Experimental and numerical investigations of heat transfer enhancement in shell and helically microtube heat exchanger using nanofluids

Abstract

Three types of helical microtube coil namely circle, oval and elliptical are introduced and evaluated both experimentally and numerically. Al2O3-water, ZnO-water at three volume fractions (?) of 1.0%, 1.5% and 2% are considered as working fluid as well as the base fluid (water). Different values of pitch are tested with constant pitch/diameter ratio of 1 for all geometries. The numerical simulations are presented the flow structures of helical microtubes in terms of velocity, isotherms, and vorticity contours. Compared to straight coil, the findings show that helical microtube curvature swirls are an important phenomenon to increase heat transfer.

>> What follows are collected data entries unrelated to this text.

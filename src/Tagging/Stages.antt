-- ===== src/Tagging/Stages.antt =====
-- What each part of `addTagToReading` does to the vectors of a reading.
use vislcg.Base.{
  ◌==◌, if◌then◌else◌, Bool-cases, if_elim, ℕ, refl, ap, inl, inr, Bool, true, false, not, ◌&&◌,
  ◌||◌, Option, none, some, List, [], ◌∷◌, ◌++◌,
}
use vislcg.Binary.Fields.{is_some}
use vislcg.Tagging.{
  Environment, Reading, is_mapping_of, rehash, add_hash, add_string, textual, add_textual,
  add_numerical, add_baseform, add_plain, rehash_if, first_char, add_mapping,
}
use vislcg.Tagging.Derived.{Holds, insert-IsDerived, other-IsDerived, insert-Covers}

module _ (env : Environment) (h : ℕ) where
  -- The fields that `Holds` does not read.
  pub other_fields :
      (l p x n : List ℕ) (r : Reading) {noprint : Bool} {baseform hash hash_plain string_hash : ℕ}
      {mapping next : Option ℕ} {string : List ℕ}
      → Holds env l p x n r
      → Holds env l p x n (record r {
        noprint = noprint;
        baseform = baseform;
        hash = hash;
        hash_plain = hash_plain;
        mapping = mapping;
        next = next;
        tags_string = string;
        tags_string_hash = string_hash;
      })
  other_fields l p x n r k = record {
    listed = k.listed;
    tags = k.tags;
    plain = k.plain;
    textuals = k.textuals;
    numericals = k.numericals;
    tags_covered = k.tags_covered;
    plain_covered = k.plain_covered;
    texts_covered = k.texts_covered;
  }

  pub add_hash-Holds :
      (l : List ℕ) (r : Reading)
      → Holds env l l l l r
      → Holds env (l ++ h ∷ []) l l l (add_hash h r)
  unfolding add_hash
  add_hash-Holds l r k = record {
    listed = ap (λ xs. xs ++ h ∷ []) k.listed;
    tags = insert-IsDerived (λ q. true) l r.tags h refl k.tags;
    plain = k.plain;
    textuals = k.textuals;
    numericals = k.numericals;
    tags_covered = insert-Covers r.tags_bloom r.tags h k.tags.sorted k.tags_covered;
    plain_covered = k.plain_covered;
    texts_covered = k.texts_covered;
  }

  pub add_string-Holds :
      (l p x n : List ℕ) (r : Reading)
      → Holds env l p x n r
      → Holds env l p x n (add_string env h r)
  unfolding add_string
  add_string-Holds l p x n r k =
      if_elim (λ (s : Reading). Holds env l p x n s) env.ordered _ r (λ e. other_fields l p x n r k)
        (λ e. k)

  add_baseform-Holds :
      (unset : Bool) (l p x n : List ℕ) (r : Reading)
      → Holds env l p x n r
      → Holds env l p x n (add_baseform env unset h r)
  unfolding add_baseform
  add_baseform-Holds unset l p x n r k = elim (Bool-cases (unset && (env.tag h).is_baseform)) [
    | inl e ↦ rw (e) (other_fields l p x n r k)
    | inr e ↦ rw (e) k
  ]

  rehash_if-Holds :
      (b : Bool) (l p x n : List ℕ) (r : Reading)
      → Holds env l p x n r
      → Holds env l p x n (rehash_if b r)
  unfolding rehash_if rehash
  rehash_if-Holds true l p x n r k = other_fields l p x n r k
  rehash_if-Holds false l p x n r k = k

  add_textual-Holds :
      (l p n : List ℕ) (r : Reading)
      → Holds env (l ++ h ∷ []) p l n r
      → Holds env (l ++ h ∷ []) p (l ++ h ∷ []) n (add_textual env h r)
  unfolding add_textual
  add_textual-Holds l p n r k = elim (Bool-cases (textual (env.tag h))) [
    | inl e ↦ rw (e) (record {
      listed = k.listed;
      tags = k.tags;
      plain = k.plain;
      textuals = insert-IsDerived (λ q. textual (env.tag q)) l r.tags_textual h e k.textuals;
      numericals = k.numericals;
      tags_covered = k.tags_covered;
      plain_covered = k.plain_covered;
      texts_covered =
          insert-Covers r.tags_textual_bloom r.tags_textual h k.textuals.sorted k.texts_covered;
    })
    | inr e ↦ rw (e) (record {
      listed = k.listed;
      tags = k.tags;
      plain = k.plain;
      textuals = other-IsDerived (λ q. textual (env.tag q)) l r.tags_textual h e k.textuals;
      numericals = k.numericals;
      tags_covered = k.tags_covered;
      plain_covered = k.plain_covered;
      texts_covered = k.texts_covered;
    })
  ]

  add_numerical-Holds :
      (l p x : List ℕ) (r : Reading)
      → Holds env (l ++ h ∷ []) p x l r
      → Holds env (l ++ h ∷ []) p x (l ++ h ∷ []) (add_numerical env h r)
  unfolding add_numerical
  add_numerical-Holds l p x r k = elim (Bool-cases (env.tag h).is_numerical) [
    | inl e ↦ rw (e) (record {
      listed = k.listed;
      tags = k.tags;
      plain = k.plain;
      textuals = k.textuals;
      numericals =
          insert-IsDerived (λ q. (env.tag q).is_numerical) l r.tags_numerical h e k.numericals;
      tags_covered = k.tags_covered;
      plain_covered = k.plain_covered;
      texts_covered = k.texts_covered;
    })
    | inr e ↦ rw (e) (record {
      listed = k.listed;
      tags = k.tags;
      plain = k.plain;
      textuals = k.textuals;
      numericals =
          other-IsDerived (λ q. (env.tag q).is_numerical) l r.tags_numerical h e k.numericals;
      tags_covered = k.tags_covered;
      plain_covered = k.plain_covered;
      texts_covered = k.texts_covered;
    })
  ]

  add_plain-Holds :
      (l x n : List ℕ) (r : Reading)
      → Holds env (l ++ h ∷ []) l x n r
      → Holds env (l ++ h ∷ []) (l ++ h ∷ []) x n (add_plain env h r)
  unfolding add_plain
  add_plain-Holds l x n r k = elim (Bool-cases (env.tag h).is_special) [
    | inl e ↦ rw (e) (record {
      listed = k.listed;
      tags = k.tags;
      plain = other-IsDerived (λ q. not (env.tag q).is_special) l r.tags_plain h (ap not e) k.plain;
      textuals = k.textuals;
      numericals = k.numericals;
      tags_covered = k.tags_covered;
      plain_covered = k.plain_covered;
      texts_covered = k.texts_covered;
    })
    | inr e ↦ rw (e) (record {
      listed = k.listed;
      tags = k.tags;
      plain =
          insert-IsDerived (λ q. not (env.tag q).is_special) l r.tags_plain h (ap not e) k.plain;
      textuals = k.textuals;
      numericals = k.numericals;
      tags_covered = k.tags_covered;
      plain_covered =
          insert-Covers r.tags_plain_bloom r.tags_plain h k.plain.sorted k.plain_covered;
      texts_covered = k.texts_covered;
    })
  ]

  -- The reading, or the bag of tags, when all its vectors have got the tag.
  pub all_vectors-Holds :
      (again unset : Bool) (l : List ℕ) (r : Reading)
      → Holds env (l ++ h ∷ []) l l l r
      → Holds env (l ++ h ∷ []) (l ++ h ∷ []) (l ++ h ∷ []) (l ++ h ∷ []) (
          rehash_if again (
            add_plain env h (add_baseform env unset h (add_numerical env h (add_textual env h r)))))
  all_vectors-Holds again unset l r k = rehash_if-Holds again _ _ _ _ _ (
      add_plain-Holds l _ _ _ (
        add_baseform-Holds unset _ _ _ _ _
          (add_numerical-Holds l _ _ _ (add_textual-Holds l _ _ _ k))))

  -- The reading that a `some` holds.
  abbrev pub HoldsSome : List ℕ → List ℕ → List ℕ → List ℕ → Option Reading → Type 0
  HoldsSome l p x n none = Unit {0}
  HoldsSome l p x n (some r) = Holds env l p x n r

  pub add_mapping-HoldsSome :
      (l p x n : List ℕ) (r : Reading)
      → Holds env l p x n r
      → HoldsSome l p x n (add_mapping env h r)
  unfolding add_mapping
  add_mapping-HoldsSome l p x n r k =
      if_elim (λ (o : Option Reading). HoldsSome l p x n o)
        ((env.tag h).is_mapping || first_char (env.tag h).text == env.mapping_prefix)
        (if is_some r.mapping && not (is_mapping_of r.mapping h)
          then none
          else some (record r { mapping = some h }))
        (some r)
        (λ e.
          if_elim (λ (o : Option Reading). HoldsSome l p x n o)
            (is_some r.mapping && not (is_mapping_of r.mapping h)) none
            (some (record r { mapping = some h })) (λ f. tt) (λ f. other_fields l p x n r k))
        (λ e. k)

In addition, it shows that the heat transfer and friction loss increase as volume fractions of nanofluids and Reynolds number increase. The experiments have also uncovered that the use of helical microtube augment the heat transfer ratio considerably and greatest enhancement ratio was realized by employing circle form with ?= 2% of alumina nanofluid. Over ranges of considered flow, alumina nanofluid was better than ZnO-water nanofluid and the best thermal performance of 3.1 was recorded with using it at ?= 2% at Reynolds number of 1800. Besides, new empirical correlations were proposed and reported based on experimental data.